UK innovation passport issued to sebetralstat as treatment for HAE
Designation aims to shorten time to potential approval for therapy
Sebetralstat, an oral small molecule being developed by KalVista Pharmaceuticals as an on-demand treatment for hereditary angioedema (HAE), has been issued an innovation passport by the U.K. Medicines and Healthcare products Regulatory Agency (MHRA).
An innovation passport is the first step into the U.K.’s Innovative Licensing and Access Pathway, known as ILAP. This pathway is a mechanism that aims to shorten the time it takes for potential approval of a medication, with the goal of getting new treatments into the market more quickly for patients with unmet medical needs.
“As a company which has its roots in the UK, we are pleased to receive the ILAP designation, which will enable us to further accelerate our regulatory submission for sebetralstat,” Andrew Crockett, CEO of KalVista, said in a company press release.
KalVista is planning to submit an application in the coming months in the U.S. to request the therapy’s approval, with similar submissions in the European Union, and in Japan, expected later this year. Those approval requests, similar to any that is made in the U.K., is expected to be based on top-line data from a Phase 3 clinical trial called KONFIDENT (NCT05259917), in which sebetralstat brought swelling under control within two hours.
“We look forward to collaborating with the MHRA and other health regulatory agencies worldwide as we continue to work towards bringing the first oral, on demand treatment to people living with HAE,” Crockett said.
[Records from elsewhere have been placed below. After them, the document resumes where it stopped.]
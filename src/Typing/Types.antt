-- ===== src/Typing/Types.antt =====
-- src/typing/typing.c: types, their construction, equality, and copies. `size` and `align` depend on the
-- constructor only, and `details` is never set. Printing a type is left out.
pub mod Equality
pub mod Clone
pub mod Make
use morphl.Prelude.{ℕ, suc, ◌*◌, Bool, true, false, ◌&&◌, Option, none, some, ◌==◌, if◌then◌else◌}
use morphl.Util.Arena.{Arena, arena_push}

-- The kinds of types that hold no other type.
pub data PlainKind : Type 0 where
  unknown void int float string ident bool primitive trait : PlainKind

-- The values of the C enumeration.
unfoldable pub plain_code : PlainKind → ℕ
plain_code unknown = 0
plain_code void = 1
plain_code int = 2
plain_code float = 3
plain_code string = 4
plain_code ident = 5
plain_code bool = 6
plain_code primitive = 9
plain_code trait = 12

-- `no_type` is a NULL pointer; `ref` has its flags `is_mutable` and `is_inline`.
mutual
  pub data MorphlType : Type 0 where
    no_type : MorphlType
    plain : PlainKind → MorphlType
    func : MorphlTypes → MorphlType → MorphlType
    ref : MorphlType → Bool → Bool → MorphlType
    block : Fields → MorphlType
    group : MorphlTypes → MorphlType

  pub data MorphlTypes : Type 0 where
    no_types : MorphlTypes
    more_types : MorphlType → MorphlTypes → MorphlTypes

  pub data Fields : Type 0 where
    no_fields : Fields
    field : ℕ → MorphlType → Fields → Fields

-- The tests of a pointer for NULL.
abbrev pub is_null : MorphlType → Bool
is_null no_type = true
is_null _ = false

abbrev pub type_count : MorphlTypes → ℕ
type_count no_types = 0
type_count (more_types t ts) = suc (type_count ts)

abbrev pub field_count : Fields → ℕ
field_count no_fields = 0
field_count (field name t fs) = suc (field_count fs)

abbrev pub same_flag : Bool → Bool → Bool
same_flag true b = b
same_flag false true = false
same_flag false false = true

-- `morphl_type_equals`, and its loops over elements and fields, entered with equal counts.
unfoldable mutual
  pub type_equals : MorphlType → MorphlType → Bool
  type_equals no_type no_type = true
  type_equals (plain k) (plain l) = plain_code k == plain_code l
  type_equals (func ps r) (func qs s) =
      type_count ps == type_count qs && types_equal ps qs && type_equals r s
  type_equals (ref t m i) (ref u n j) = same_flag m n && same_flag i j && type_equals t u
  type_equals (block fs) (block gs) = field_count fs == field_count gs && fields_equal fs gs
  type_equals (group ts) (group us) = type_count ts == type_count us && types_equal ts us
  type_equals _ _ = false

  pub types_equal : MorphlTypes → MorphlTypes → Bool
  types_equal no_types us = true
  types_equal (more_types t ts) no_types = false
  types_equal (more_types t ts) (more_types u us) = type_equals t u && types_equal ts us

  pub fields_equal : Fields → Fields → Bool
  fields_equal no_fields gs = true
  fields_equal (field m t fs) no_fields = false
  fields_equal (field m t fs) (field n u gs) = m == n && type_equals t u && fields_equal fs gs

-- `arena_alloc`: nothing is allocated for a size of 0.
unfoldable pub arena_alloc : Arena → ℕ → Option Arena
arena_alloc a size =
    if size == 0 then none else elim (arena_push a size) [ none ↦ none | some (_, a') ↦ some a' ]

-- `sizeof` of a type, a pointer and a symbol on a 64-bit machine.
abbrev pub type_size : ℕ
type_size = 56

abbrev pub pointer_size : ℕ
pointer_size = 8

abbrev pub sym_size : ℕ
sym_size = 4

-- What follows an allocation or a copy, if it succeeded.
infixl 5 ◌>=>◌
abbrev pub ◌>=>◌ {ℓ κ} : {A : Type ℓ} {B : Type κ} → Option A → (A → Option B) → Option B
none >=> next = none
some a >=> next = next a

-- The array of a list of pointers; none is allocated for an empty list.
abbrev pub alloc_array : Arena → ℕ → ℕ → Option Arena
alloc_array a count size = if count == 0 then some a else arena_alloc a (count * size)

-- A return type or a target is copied unless it is NULL.
abbrev pub unless_null :
    MorphlType → Arena → Option (MorphlType × Arena) → Option (MorphlType × Arena)
unless_null no_type a copied = some (no_type, a)
unless_null _ a copied = copied

-- `morphl_type_clone`, with the arena that a copy leaves. What a copy that fails has used up of the
-- arena is left out.
unfoldable mutual
  pub type_clone : Arena → MorphlType → Option (MorphlType × Arena)
  type_clone a no_type = none
  type_clone a (plain k) = arena_alloc a type_size >=> λ a₁. some (plain k, a₁)
  type_clone a (func ps r) = arena_alloc a type_size >=> λ a₁.
      alloc_array a₁ (type_count ps) pointer_size >=> λ a₂. clone_types a₂ ps >=> λ c.
      (let copied = type_clone c.1 r in unless_null r c.1 copied) >=> λ d. some (func c.0 d.0, d.1)
  type_clone a (ref t m i) = arena_alloc a type_size >=> λ a₁.
      (let copied = type_clone a₁ t in unless_null t a₁ copied) >=> λ d. some (ref d.0 m i, d.1)
  type_clone a (block fs) = arena_alloc a type_size >=> λ a₁.
      alloc_array a₁ (field_count fs) sym_size >=> λ a₂.
      alloc_array a₂ (field_count fs) pointer_size >=> λ a₃.
      clone_fields a₃ fs >=> λ c. some (block c.0, c.1)
  type_clone a (group ts) = arena_alloc a type_size >=> λ a₁.
      alloc_array a₁ (type_count ts) pointer_size >=> λ a₂.
      clone_types a₂ ts >=> λ c. some (group c.0, c.1)

  pub clone_types : Arena → MorphlTypes → Option (MorphlTypes × Arena)
  clone_types a no_types = some (no_types, a)
  clone_types a (more_types t ts) =
      type_clone a t >=> λ c. clone_types c.1 ts >=> λ d. some (more_types c.0 d.0, d.1)

  pub clone_fields : Arena → Fields → Option (Fields × Arena)
  clone_fields a no_fields = some (no_fields, a)
  clone_fields a (field n t fs) =
      type_clone a t >=> λ c. clone_fields c.1 fs >=> λ d. some (field n c.0 d.0, d.1)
Sebetralstat shown in KONFIDANT trial to be effective as treatment for HAE
In HAE, genetic mutations result in a faulty or missing C1 inhibitor protein. This, in turn, causes an enzyme called kallikrein to drive the excessive production and release of bradykinin. Excess bradykinin causes blood vessels to leak fluid into nearby tissues, resulting in repeated attacks of swelling.
Sebetralstat, formerly known as KVD900, is a small molecule designed to block kallikrein’s activity in the bloodstream. On-demand treatment with the medication is expected to readily bring swelling under control, reducing the severity and duration of attacks as they happen.
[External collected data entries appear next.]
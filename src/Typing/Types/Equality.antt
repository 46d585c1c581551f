-- ===== src/Typing/Types/Equality.antt =====
-- `morphl_type_equals` of src/typing/typing.c decides whether two types have the same structure.
use morphl.Prelude.{
  ℕ, ◌≡◌, refl, sym, ap, ap₂, subst, ◌∙◌, ◌↔◌, Bool, true, false, ◌&&◌, &&-eq_true, ◌==◌, ==_iff,
  ==_refl, if◌then◌else◌, arith,
}
use morphl.Typing.Types.{
  PlainKind, unknown, void, int, float, string, ident, bool, primitive, trait, plain_code,
  MorphlType, MorphlTypes, Fields, no_type, plain, func, ref, block, group, no_types, more_types,
  no_fields, field, type_count, field_count, same_flag, type_equals, types_equal, fields_equal,
}

same_flag-eq : (a b : Bool) → same_flag a b ≡ true → a ≡ b
same_flag-eq true b h = sym h
same_flag-eq false true h = cc
same_flag-eq false false h = refl

same_flag_refl : (a : Bool) → same_flag a a ≡ true
same_flag_refl true = refl
same_flag_refl false = refl

-- The kind with this code.
kind_of : ℕ → PlainKind
kind_of n =
    if n == 0
    then unknown
    else if n == 1
    then void
    else if n == 2
    then int
    else if n == 3
    then float
    else if n == 4
    then string
    else if n == 5
    then ident
    else if n == 6
    then bool
    else if n == 9
    then primitive
    else trait

kind_of-plain_code : (k : PlainKind) → kind_of (plain_code k) ≡ k
unfolding kind_of plain_code
kind_of-plain_code unknown = refl
kind_of-plain_code void = refl
kind_of-plain_code int = refl
kind_of-plain_code float = refl
kind_of-plain_code string = refl
kind_of-plain_code ident = refl
kind_of-plain_code bool = refl
kind_of-plain_code primitive = refl
kind_of-plain_code trait = refl

pub plain_code-injective : (k l : PlainKind) → plain_code k ≡ plain_code l → k ≡ l
plain_code-injective k l h = sym (kind_of-plain_code k) ∙ ap kind_of h ∙ kind_of-plain_code l

mutual
  unfolding type_equals types_equal fields_equal

  equals_same : (t u : MorphlType) → type_equals t u ≡ true → t ≡ u
  equals_same no_type no_type h = refl
  equals_same (plain k) (plain l) h = ap plain (plain_code-injective k l ((==_iff _ _).0 h))
  equals_same (func ps r) (func qs s) h =
      let (h₁, result) =
        &&-eq_true (type_count ps == type_count qs && types_equal ps qs) (type_equals r s) h in
      let (counts, params) = &&-eq_true (type_count ps == type_count qs) (types_equal ps qs) h₁ in
      ap₂ func (types_same ps qs ((==_iff _ _).0 counts) params) (equals_same r s result)
  equals_same (ref t m i) (ref u n j) h =
      let (h₁, target) = &&-eq_true (same_flag m n && same_flag i j) (type_equals t u) h in
      let (mutable, inline) = &&-eq_true (same_flag m n) (same_flag i j) h₁ in
      let same = equals_same t u target in
      rw (same, same_flag-eq m n mutable, same_flag-eq i j inline) refl
  equals_same (block fs) (block gs) h =
      let (counts, same) = &&-eq_true (field_count fs == field_count gs) (fields_equal fs gs) h in
      ap block (fields_same fs gs ((==_iff _ _).0 counts) same)
  equals_same (group ts) (group us) h =
      let (counts, same) = &&-eq_true (type_count ts == type_count us) (types_equal ts us) h in
      ap group (types_same ts us ((==_iff _ _).0 counts) same)
  equals_same _ _ h = cc

  types_same :
      (ts us : MorphlTypes) → type_count ts ≡ type_count us → types_equal ts us ≡ true → ts ≡ us
  types_same no_types no_types c h = refl
  types_same no_types (more_types u us) c h = absurd (omega (arith, c))
  types_same (more_types t ts) no_types c h = cc
  types_same (more_types t ts) (more_types u us) c h =
      let (head, tail) = &&-eq_true (type_equals t u) (types_equal ts us) h in
      ap₂ more_types (equals_same t u head) (types_same ts us (omega (arith, c)) tail)

  fields_same :
      (fs gs : Fields) → field_count fs ≡ field_count gs → fields_equal fs gs ≡ true → fs ≡ gs
  fields_same no_fields no_fields c h = refl
  fields_same no_fields (field n u gs) c h = absurd (omega (arith, c))
  fields_same (field m t fs) no_fields c h = cc
  fields_same (field m t fs) (field n u gs) c h =
      let (h₁, rest) = &&-eq_true (m == n && type_equals t u) (fields_equal fs gs) h in
      let (name, type) = &&-eq_true (m == n) (type_equals t u) h₁ in
      let names : m ≡ n = (==_iff m n).0 name in
      ap (λ x. field x t fs) names
      ∙ ap₂ (field n) (equals_same t u type) (fields_same fs gs (omega (arith, c)) rest)

mutual
  unfolding type_equals types_equal fields_equal

  equals_self : (t : MorphlType) → type_equals t t ≡ true
  equals_self no_type = refl
  equals_self (plain k) = ==_refl (plain_code k)
  equals_self (func ps r) = rw (==_refl (type_count ps), types_self ps) (equals_self r)
  equals_self (ref t m i) = rw (same_flag_refl m, same_flag_refl i) (equals_self t)
  equals_self (block fs) = rw (==_refl (field_count fs)) (fields_self fs)
  equals_self (group ts) = rw (==_refl (type_count ts)) (types_self ts)

  types_self : (ts : MorphlTypes) → types_equal ts ts ≡ true
  types_self no_types = refl
  types_self (more_types t ts) = rw (equals_self t) (types_self ts)

  fields_self : (fs : Fields) → fields_equal fs fs ≡ true
  fields_self no_fields = refl
  fields_self (field n t fs) = rw (==_refl n, equals_self t) (fields_self fs)

-- Two types are equal for the checker exactly if they are the same structure: the same kind, with
-- the same flags, field names and order, and the same types within.
pub type_equals_iff : (t u : MorphlType) → (type_equals t u ≡ true) ↔ (t ≡ u)
type_equals_iff t u = (equals_same t u, λ e. subst (λ x. type_equals t x ≡ true) e (equals_self t))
The KONFIDENT trial tested how well sebetralstat worked in 136 adults and adolescents, ages 12 and older, with HAE type 1 or 2. All received on-demand treatment for three attacks of swelling, one each with film-coated tablets containing either 300 or 600 mg of sebetralstat or a placebo, in a random order.
The trial met its main goal of reducing the time to symptom relief versus a placebo, which was defined as patients feeling at least a little better within 12 hours of dosing. The median time to symptom relief was 1.6 hours with the lower dose of sebetralstat and 1.8 hours with the higher one, compared with 6.7 hours with the placebo.
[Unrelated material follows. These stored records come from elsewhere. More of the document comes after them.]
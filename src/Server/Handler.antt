-- ===== src/Server/Handler.antt =====
-- internal/server/server.go: `Handler`, the guards in front of the router.
pub mod Guarded
use lanxfer.Base.{◌≡◌, refl, Bool, true, false, not, Text, if◌then◌else◌}
use lanxfer.Netguard.{is_allowed_remote}
use lanxfer.Server.Requests.{
  Config, Env, World, Request, Response, only, Route, put_file, put_dir, post_message, post_history,
  get_peers, unknown,
}
use lanxfer.Server.Uploads.{handle_put, handle_put_dir}
use lanxfer.Server.Messages.{handle_message}
use lanxfer.Server.Local.{handle_local_peers, handle_local_history}

-- What the router does not find is answered with 404.
unfoldable pub when : Bool → Response × World → World → Response × World
when true res w = res
when false res w = (only 404, w)

unfoldable pub dispatch :
    (Text → Bool) → Text → Route → Config → Env → Request → World → Response × World
dispatch utf8_valid peers_json put_file cfg env r w = handle_put cfg env r w
dispatch utf8_valid peers_json put_dir cfg env r w = handle_put_dir cfg env r w
dispatch utf8_valid peers_json post_message cfg env r w =
    when cfg.has_inbox (handle_message utf8_valid cfg env r w) w
dispatch utf8_valid peers_json post_history cfg env r w =
    when cfg.has_history (handle_local_history cfg env r w) w
dispatch utf8_valid peers_json get_peers cfg env r w =
    when cfg.has_peers (handle_local_peers env peers_json r w) w
dispatch utf8_valid peers_json unknown cfg env r w = (only 404, w)

unfoldable pub serve : (Text → Bool) → Text → Config → Env → Request → World → Response × World
serve utf8_valid peers_json cfg env r w =
    if not (is_allowed_remote env.net r.remote_addr)
    then (only 403, w)
    else if r.has_origin
    then (only 403, w)
    else dispatch utf8_valid peers_json r.route cfg env r w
Sebetralstat also was found to be well tolerated, with no serious side effects reported. In KONFIDENT, the proportion of treatment-related side effect was actually lower in patients given sebetralstat than in those treated with the placebo.
The company plans to present its latest clinical data later this month at the upcoming American Academy of Allergy, Asthma & Immunology (AAAAI) annual meeting, which will be held in Washington.
Sebetralstat has been granted fast track and orphan drug designations in the U.S. It also has been granted orphan drug designation in Europe, where a pediatric investigational plan has been given the green light.
The newly issued innovation passport is delivered by the U.K.’s MHRA in partnership with the All Wales Therapeutics and Toxicology Centre (AWTTC), the National Institute for Health and Care Excellence (NICE), and the Scottish Medicines Consortium (SMC).